On December 21, 2800, Richard Sayama Altmayer entered prison for the third and last time. There was no trial, no definite sentence, and scarcely a real imprisonment in the literal sense of the word. His movements were confined and only a few officials were allowed to communicate with him, but otherwise his comforts were looked to assiduously. He had no access to news, of course, so that he was not aware that in the second year of this third imprisonment of his, the war between Earth and the Diaboli opened with the surprise attack near Sirius by an Earth squadron upon certain ships of the Diaboli navy.

In 2802, Geoffrey Stock came to visit Altmayer in his confinement. Altmayer rose in surprise to greet him.

"You're looking well, Dick," Stock said.

He himself was not. His complexion had grayed. He still wore his naval captain's uniform, but his body stooped slightly within it. He was to die within the year, a fact of which he was not completely unaware. It did not bother him much. He thought repeatedly, I have lived the years I've had to live.

Altmayer, who looked the older of the two, had yet more than nine years to live. He said, "An unexpected pleasure, Jeff, but this time you can't have come to imprison me. I'm in prison already."

"I've come to set you free, if you would like."

"For what purpose, Jeff? Surely you have a purpose? A clever way of using me?"

Stock's smile was merely a momentary twitch. He said, "A way of using you, truly, but this time you will approve… We are at war."

"With whom?" Altmayer was startled.

"With the Diaboli. We have been at war for six months."

Altmayer brought his hands together, thin fingers interlacing nervously, "I've heard nothing of this."

"I know." The Coordinator clasped his hands behind his back and was distantly surprised to find that they were trembling. He said, "It's been a long journey for the two of us, Dick. We've had the same goal, you and I- No, let me speak. I've often wanted to explain my point of view to you, but you would never have understood.
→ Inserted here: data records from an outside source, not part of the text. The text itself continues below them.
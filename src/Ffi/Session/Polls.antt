-- ===== src/Ffi/Session/Polls.antt =====
-- The loops of src/ffi.rs that wait for a result.
use vproc.Prelude.{
  ℕ, zero, suc, ◌+◌, ◌≤◌, ◌<◌, ◌≡◌, Bool, true, if◌then◌else◌, Option, none, some, is_some, arith,
  ◌==◌, Bool-cases, inl, inr, get_elem?, get_elem?-modify_at_self,
}
use vproc.Prelude.Int.{ℤ}
use vproc.Coroutine.{VPid}
use vproc.Ffi.Session.{
  SpawnRequest, Session, Sessions, push_request, find_session, try_locks, poll_vpid, poll_exit,
  vproc_ffi_create_process,
}

try_locks_some :
    (n from at : ℕ) (try_lock : ℕ → Bool)
    → from ≤ at
    → at < n + from
    → try_lock at ≡ true
    → try_locks n from try_lock ≡ true
unfolding try_locks
try_locks_some zero from at try_lock le within h = absurd (omega arith)
try_locks_some (suc n) from at try_lock le within h = elim (Bool-cases (from == at)) [
  | inl here ↦
      let same : from ≡ at = ground arith in
      let locked : try_lock from ≡ true = rw same h in ground (arith, locked)
  | inr later ↦
      let more : from < at = ground arith in
      ground (arith, try_locks_some n (from + 1) at try_lock (omega arith) (omega arith) h)
]

-- What is found stands at its place on the heap.
pub find_session_at :
    (s : Sessions) (session_id : ℕ) {arc : ℕ} {session : Session}
    → find_session s session_id ≡ some (arc, session)
    → get_elem? s.arcs arc ≡ some session
unfolding find_session
find_session_at s session_id h = ground arith

poll_vpid_ends :
    (fuel attempts : ℕ) (seen : ℕ → Option VPid)
    → 1000 < fuel + attempts
    → 0 < fuel
    → is_some (poll_vpid fuel attempts seen) ≡ true
unfolding poll_vpid
poll_vpid_ends zero attempts seen long h = absurd (omega arith)
poll_vpid_ends (suc fuel) attempts seen long h =
    ground (arith, poll_vpid_ends fuel (attempts + 1) seen)

poll_vpid_first :
    (fuel attempts i : ℕ) (seen : ℕ → Option VPid) (vpid : VPid)
    → attempts ≤ i
    → i ≤ 1000
    → i < fuel + attempts
    → ((j : ℕ) → attempts ≤ j → j < i → seen j ≡ none)
    → seen i ≡ some vpid
    → poll_vpid fuel attempts seen ≡ some vpid
unfolding poll_vpid
poll_vpid_first zero attempts i seen vpid le small within before h = absurd (omega arith)
poll_vpid_first (suc fuel) attempts i seen vpid le small within before h =
    elim (Bool-cases (attempts == i)) [
      | inl here ↦
          let same : attempts ≡ i = ground arith in
          let answered : seen attempts ≡ some vpid = rw same h in ground (arith, answered)
      | inr later ↦
          let more : attempts < i = ground arith in
          let unanswered : seen attempts ≡ none = before attempts (omega arith) more in
          ground (
            arith,
            unanswered,
            poll_vpid_first fuel (attempts + 1) i seen vpid (omega arith) small (omega arith)
                (λ j from upto. before j (omega arith) upto) h,
          )
    ]

pub poll_exit_first :
    (n from i : ℕ) (seen : ℕ → Option ℤ) (code : ℤ)
    → from ≤ i
    → i < n + from
    → ((j : ℕ) → from ≤ j → j < i → seen j ≡ none)
    → seen i ≡ some code
    → poll_exit n from seen ≡ code
unfolding poll_exit
poll_exit_first zero from i seen code le within before h = absurd (omega arith)
poll_exit_first (suc n) from i seen code le within before h = elim (Bool-cases (from == i)) [
  | inl here ↦
      let same : from ≡ i = ground arith in
      let answered : seen from ≡ some code = rw same h in ground (arith, answered)
  | inr later ↦
      let more : from < i = ground arith in
      let unanswered : seen from ≡ none = before from (omega arith) more in
      ground (
        arith,
        unanswered,
        poll_exit_first n (from + 1) i seen code (omega arith) (omega arith)
            (λ j past upto. before j (omega arith) upto) h,
      )
]

-- Where the lock by which the driver is woken up is granted, `vproc_ffi_create_process` comes back,
-- whatever the attempts at the lock and the looks at the result find.
pub vproc_ffi_create_process_ends :
    (try_lock : ℕ → Bool) (seen : ℕ → Option VPid) (s : Sessions) (session_id : ℕ)
    (request : SpawnRequest)
    → is_some (vproc_ffi_create_process try_lock true seen s session_id request).0 ≡ true
unfolding vproc_ffi_create_process
vproc_ffi_create_process_ends try_lock seen s session_id request =
    ground (arith, poll_vpid_ends 1001 0 seen (omega arith) (omega arith))

-- Where the session is there, `vproc_ffi_create_process` puts its request at the end of the queue of
-- that session once one of the 100 attempts takes the lock. Where then the lock by which the driver is
-- woken up is granted, it answers what the driver has written at the first of the looks 0 to 1000 that
-- finds an answer; where it is not, it does not come back.
pub vproc_ffi_create_process_answers :
    (try_lock : ℕ → Bool) (granted : Bool) (seen : ℕ → Option VPid) (s : Sessions)
    (session_id arc at i : ℕ) (session : Session) (request : SpawnRequest) (vpid : VPid)
    → find_session s session_id ≡ some (arc, session)
    → at < 100
    → try_lock at ≡ true
    → i ≤ 1000
    → ((j : ℕ) → j < i → seen j ≡ none)
    → seen i ≡ some vpid
    → let (answer, s') = vproc_ffi_create_process try_lock granted seen s session_id request in
      (answer ≡ (if granted then some vpid else none))
      × (get_elem? s'.arcs arc ≡ some (push_request request session))
unfolding vproc_ffi_create_process
vproc_ffi_create_process_answers try_lock granted seen s session_id arc at i session request vpid
      found in_time locked small before h =
    ground (
      arith,
      found,
      try_locks_some 100 0 at try_lock (omega arith) (omega arith) locked,
      poll_vpid_first 1001 0 i seen vpid (omega arith) small (omega arith)
          (λ j from upto. before j upto) h,
      get_elem?-modify_at_self s.arcs arc (push_request request)
          (find_session_at s session_id found),
    )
You weren't the kind of man to understand, until I had the results for you. -I was twenty-five when I first visited a Diaboli world, Dick. I knew then it was either they or we."

"I said so," whispered Altmayer, "from the first."

"Merely saying so was not enough. You wanted to force the human governments to unite against them and that notion was politically unrealistic and completely impossible. It wasn't even desirable. Humans are not Diaboli. Among the Diaboli individual consciousness is low, almost nonexistent. Ours is almost overpowering. They have no such thing as politics; we have nothing else. They can never disagree, can have nothing but a single government. We can never agree; if we had a single island to live on, we would split it in three.

"But our very disagreements are our strength! Your Federalist party used to speak of ancient Greece a great deal once. Do you remember? But your people always missed the point. To be sure, Greece could never unite and was therefore ultimately conquered. But even in her state of disunion, she defeated the gigantic Persian Empire. Why?

"I would like to point out that the Greek city-states over centuries had fought with one another. They were forced to specialize in things military to an extent far beyond the Persians. Even the Persians themselves realized that, and in the last century of their imperial existence, Greek mercenaries formed the most valued parts of their armies.

"The same might be said of the small nation-states of preatomic Europe, which in centuries of fighting had advanced their military arts to the point where they could overcome and hold for two hundred years the comparatively gigantic empires of Asia.